More Oldies
written 4.11.10
alright God, lets talk. i dont know who i am. and i dont know who You are. i cant think of ways/recognize ways in which i am different. ways in which i have been transformed and changed since last year. i cant identify them. and i dont know if that’s because my mind seems clogged, or if i really havent changed at all.
i honestly dont see how i could actively be pursuing You and not see any results. for one. whole. year. of course, my definition of pursuing You is trying to pray, at least a little every day (which, i admit, has been the most waning of my times with You), trying to memorize Scripture (recently meditating on it too. altho again, i seem to drop the ball), and reading the Bible. i know a walk with You is not formulated. but what else do i need to do? is it true that all of those things – done with a sincere heart of wanting to know You more – arent enough? to cause ANY growth or change?

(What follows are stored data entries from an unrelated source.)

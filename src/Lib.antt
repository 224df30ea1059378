-- ===== src/Lib.antt =====
-- The qtrade client: adapters of trading venues, clients of three gRPC services, and the bridges that a trading
-- engine uses in place of those services.
--
-- The parts, with paths from the repository's root:
--   MockTrader   src/adapters/mock/trader: a trader that keeps its orders in memory and can fill them at once.
--                The record MockTraderApi is the object's members; each operation takes it and returns it.
--                Orders models SendOrder and CancelOrder, Queries the four queries. The table of orders is an
--                association list (Common/Dict), whose order no theorem depends on. Callbacks run outside
--                the lock and may call the trader back: they are functions of the trader and of a world
--                outside it (Handlers). Steps gives the critical sections as a step relation, so that a
--                sequence of steps is any interleaving of calls and callbacks; Consistency has the invariant
--                over it (Entries: one order and its trades), Finality one order along it, Numbering its
--                counters. Effect is what SendOrder leaves, field by field, Exceptions its way through callbacks
--                that act on the trader meanwhile; handlers are functions, so a callback that never returns, or
--                sends orders without end, is not modelled. Threads has two threads in SendOrder, whose counters
--                are not guarded. Desk is what the trader promises a client (Calls), with the table as a
--                function; Serving and Promise relate the two, and Balance sets trades against orders.
--   Client       src/client: Account, Config and AccountRisk. A channel and a stub are known by the
--                address that they were made for; a remote procedure is a parameter from the address,
--                the deadline and the request to a status and a response.
--   Bridge       src/bridge and src/common/proto. Convert and Strategy are the conversions (the messages in
--                Convert/Messages); Account, AccountRisk and Config the bridges, each with the contract that it
--                refines. Races has several threads in a query of a bridge with a cache, whose remote call runs
--                outside the mutex: the call with its return is one event, the critical section another. Account
--                and AccountRisk (in their modules Races) take part through the interface CachedQuery. Answers is
--                what the operations on reservations owe, Served the operations against it.
--   MockQuote    src/adapters/mock/quote: quotes from a thread of their own. The record MockQuoteApi is the
--                object's members, the thread with the place where it stands among them. Ticks is
--                GenerateMockTicks, a move at a time; System puts the user's thread beside it, so that a list
--                of events is any interleaving; a field that the source does not guard is read and written at
--                once. A call returns, waits, waits for its own thread, or throws (Outcome).
--   Emt          src/adapters/emt: Quote, Trader, the requests that do nothing in Requests below each adapter (also
--                below the two mocks), and Factory with the factory of the mock adapters
--                (src/adapters/mock/mock_adapter_factory).
--   Bootstrap    src/bootstrap: the parser of the process's configuration over an interface of the JSON library,
--                LoadBootstrapConfig over a function that reads a file, and LoadStrategies, StartEngine and
--                RunUntilShutdown over an engine that is a parameter.
--   Main         src/main.cpp: Adapters is ConnectAndTake and BuildAdapters, over the sum of the adapters that the
--                factories make; Startup is main, a chain of parts that go on or end the process with their
--                report (Exit, in Parts). The engine is a record of operations on its own state and on the
--                bridges that it was given, so that it may change those.
--   Sdk          what the source uses of the installed headers of qtrade.
--   Common       tests on numbers and texts, integers, lists, association lists.
-- Modules whose names end in Tests hold runs and the theorems at concrete inputs, Examples their data.
--
-- How they interact: a bridge owns a client and calls it; main connects the bridges to the engine and makes the
-- adapters from the configuration and the credential.
--
-- Numbers: ids and counters of the trader are uint64 and wrap at 2 ^ 64; volumes are integers without bounds,
-- since the source adds them without a test (Positions/Bounds says how large they become). Prices are
-- values of an arbitrary type with the operations of Sdk.
-- The decimal text of a uint64 is made with a fuel of 20 digits, which is enough since 2 ^ 64 has 20. No other
-- definition runs on fuel: loops over lists are structural, and the loop of the tick thread is a state machine.
--
-- Not modelled: signals, notification, logging and gRPC itself; destructors but that of the mock quotes:
-- ~EmtQuoteApi is its Disconnect and the others do nothing but end a session; a Shutdown of a client in the
-- middle of a remote call, whose stub it destroys; GetApiLastError, whose structure is of the SDK and never
-- written. The time that the tick thread sleeps is not modelled: it may move at any moment. Headers of the
-- installed qtrade libraries are not in the repository:
-- default values that they choose are parameters (Sdk, QuoteSdk, ResultDefaults, Services).
pub mod Common
pub mod Sdk
pub mod MockTrader
pub mod Client
pub mod Bridge
pub mod Emt
pub mod MockQuote
pub mod Main
pub mod Bootstrap
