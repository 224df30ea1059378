-- ===== src/Sdk.antt =====
-- What the source uses of the installed headers of qtrade (`qtrade/error_code`, `qtrade/structs`,
-- `qtrade/sdk`): the enumerators that it names, with `other` for the rest, and the fields that it reads
-- or writes. Values that those headers choose are parameters of the definitions that use them.
pub mod Trader
pub mod Quote
use qtrade_client.Common.{ℕ, ◌≡◌, String, Option, none, Bool, true, false, ◌↔◌, refl, arith, KeyEq}

-- `qtrade::ErrorCode`
pub data ErrorCode : Type 0 where
  success connection_error not_found system_error not_supported : ErrorCode
  internal_error not_initialized timeout invalid_argument : ErrorCode
  other : ℕ → ErrorCode

-- `code == ErrorCode::kSuccess`
abbrev pub is_success : ErrorCode → Bool
is_success ErrorCode.success = true
is_success _ = false

-- `code == ErrorCode::kNotFound`
abbrev pub is_not_found : ErrorCode → Bool
is_not_found ErrorCode.not_found = true
is_not_found _ = false

-- `qtrade::Result<T>`
pub record Result {ℓ} (A : Type ℓ) : Type ℓ where
  pub error_code : ErrorCode
  pub error_message : String
  pub value : Option A

-- The member initialisers of `Result`, which stand in a header that is not in the repository. The code
-- takes a `Result` that it has not touched for a success.
pub record ResultDefaults : Type 0 where
  pub error_code : ErrorCode
  pub error_message : String
  pub error_code-eq-success : error_code ≡ ErrorCode.success

-- `Result<T> result;`
abbrev pub fresh_result {ℓ} : {A : Type ℓ} ⦃d : ResultDefaults⦄ → Result A
fresh_result ⦃d⦄ = record {
  error_code = d.error_code;
  error_message = d.error_message;
  value = none;
}

abbrev pub usual_defaults : ResultDefaults
usual_defaults = record {
  error_code = ErrorCode.success;
  error_message = "";
  error_code-eq-success = refl;
}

pastor dave’s sermon today was timely and exactly what i needed to hear. change and transformation comes through sacrifice and love. and if that really is true, if that is the ONLY thing that causes true change in a person’s life, then i understand. i have lived quite selfishly here in korea. i think a lot of the reason why has to do with me being alone, and having insecurities and not wanting to appear needy. so i became independent of people. i convinced myself i didnt really need people to thrive. and here i find myself, 8 months later, a withered hermit shell. i cant see ways in which i have sacrificed for others to show them love. i can think of a few ways, but they are mostly out of obedience and committment than to a genuine love and heart for the people im going to. so, if all of that is what matters when it comes to change, and nothing else, then i understand.
but what i still can’t figure out is how i can be reading Your Word every day, trying to memorize it and think on it throughout the day, and STILL not seem to know what you are doing or recognize things about Your character any more than i could a year ago. am i the man who looks intently at a mirror and walks away and forgets what he looks like? admittedly, i think i am. but how does that tie in with who YOU are? maybe the two things go hand in hand: when i sacrifice, kill myself for people, and truly do it to love them, and because You love them, maybe then i will understand who You are more. everything i need to know, everything i need to DO is in Your Word…Your revealed truth. but do i just chalk up everything in the Bible to “love other people and then you will understand God more”? i mean, im not going to pretend that ill ever understand You. but will it seem more active? will i feel more alive? will i be able to hear Your voice again?
i just cant figure You out. and i cant hear You telling me, even though Your words stare me in the face. what is it that i am missing? oh God, i believe, please help me believe.
written 12.6.09
what the heck was i thinking? why did i ever commit to coming here for a year? i feel like someone should have put some sense into me. but, see, the thing is that i truly believe its God’s will for me to be here. but, i also believe that if i didnt come, He still would have worked, and taught me the stuff that im learning now. can’t He teach me this stuff no matter where i am? all i know is that im thinking i just should’ve stayed.
and i want a freaking hug from my freaking boyfriend. >:(
written 11.30.09
God is requiring me to love and make sacrifices in a way that will not be acknowledged by anyone else.